Exercise prompt:
State, as a number alone, how many lines of the entries contain the word "false".
*** Data for this exercise ***
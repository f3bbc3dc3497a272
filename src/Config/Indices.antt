-- ===== src/Config/Indices.antt =====
-- Where an iterator stands after its list grows or shrinks.
use nrp_reference.Base.{
  ℕ, zero, suc, ◌<◌, ◌≡◌, refl, ap, inl, inr, false, List, [], ◌∷◌, ◌++◌, Option, none, some, arith,
  length, length-append, All, Bool-cases, Option-cases,
}
use nrp_reference.ServerRecord.{ServerRecord, server_lt, server_eq}
use nrp_reference.Config.Lists.{
  erase_at, remove, index_after_remove, find_index, insert_at, index_after_insert,
  index_after_erase,
}
use nrp_reference.Config.Update.{is_at}
use nrp_reference.Config.Valid.{IsIn}

length-insert_at :
    (i : ℕ) (s : ServerRecord) (ss : List ServerRecord)
    → length (insert_at i s ss) ≡ suc (length ss)
unfolding insert_at
length-insert_at zero s ss = refl
length-insert_at (suc i) s [] = refl
length-insert_at (suc i) s (t ∷ ss) = ap suc (length-insert_at i s ss)

pub IsIn-insert_at :
    (o : Option ℕ) (j : ℕ) (s : ServerRecord) (ss : List ServerRecord)
    → IsIn o ss
    → IsIn (index_after_insert j o) (insert_at j s ss)
IsIn-insert_at none j s ss h = tt
IsIn-insert_at (some i) j s ss h = ground (arith, length-insert_at j s ss)

length-erase_at :
    (i : ℕ) (ss : List ServerRecord) → i < length ss → suc (length (erase_at i ss)) ≡ length ss
unfolding erase_at
length-erase_at i [] h = absurd (omega arith)
length-erase_at zero (s ∷ ss) h = refl
length-erase_at (suc i) (s ∷ ss) h = ap suc (length-erase_at i ss (omega arith))

-- The iterator itself goes to the place before the one that is erased.
pub IsIn-erase_at :
    (i j : ℕ) (ss : List ServerRecord) → suc j ≡ i → i < length ss → IsIn (some j) (erase_at i ss)
IsIn-erase_at i j ss e h = omega (arith, length-erase_at i ss h)

find_index-bound :
    (s : ServerRecord) (ss : List ServerRecord) (j : ℕ) → find_index s ss ≡ some j → j < length ss
unfolding find_index
find_index-bound s [] j h = ground arith
find_index-bound s (x ∷ xs) j h = elim (Bool-cases (server_lt x s)) [
  | inl below ↦ elim (Option-cases (find_index s xs)) [
    | inl missing ↦ ground arith
    | inr (i, found) ↦ ground (arith, find_index-bound s xs i found)
  ]
  | inr not_below ↦ ground arith
]

-- An iterator on another element than the one that is erased.
pub IsIn-erase_other :
    (o : Option ℕ) (s : ServerRecord) (j : ℕ) (ss : List ServerRecord)
    → find_index s ss ≡ some j
    → is_at j o ≡ false
    → IsIn o ss
    → IsIn (index_after_erase j o) (erase_at j ss)
IsIn-erase_other none s j ss found other h = tt
IsIn-erase_other (some i) s j ss found other h =
    ground
      (arith, length-erase_at j ss (find_index-bound s ss j found), find_index-bound s ss j found)

pub IsIn-remove :
    (s : ServerRecord) (i j : ℕ) (ss : List ServerRecord)
    → index_after_remove s i ss ≡ some j
    → i < length ss
    → IsIn (some j) (remove s ss)
unfolding index_after_remove remove
IsIn-remove s i j [] e h = absurd (omega arith)
IsIn-remove s zero j (x ∷ xs) e h = ground arith
IsIn-remove s (suc i) j (x ∷ xs) e h = elim (Option-cases (index_after_remove s i xs)) [
  | inl missing ↦ ground arith
  | inr (k, kept) ↦ ground (arith, IsIn-remove s i k xs kept (omega arith))
]

pub All-remove :
    (P : ServerRecord → Type 0) (s : ServerRecord) (ss : List ServerRecord)
    → All P ss
    → All P (remove s ss)
unfolding remove
All-remove P s [] all = tt
All-remove P s (x ∷ xs) (p, all) = elim (Bool-cases (server_eq x s)) [
  | inl same ↦ rw same (All-remove P s xs all)
  | inr other ↦ rw other (p, All-remove P s xs all)
]

pub IsIn-append : (o : Option ℕ) (ss ts : List ServerRecord) → IsIn o ss → IsIn o (ss ++ ts)
IsIn-append none ss ts h = tt
IsIn-append (some i) ss ts h = omega (arith, length-append ss ts)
*** End of Data for this exercise ***
Response to this exercise:
2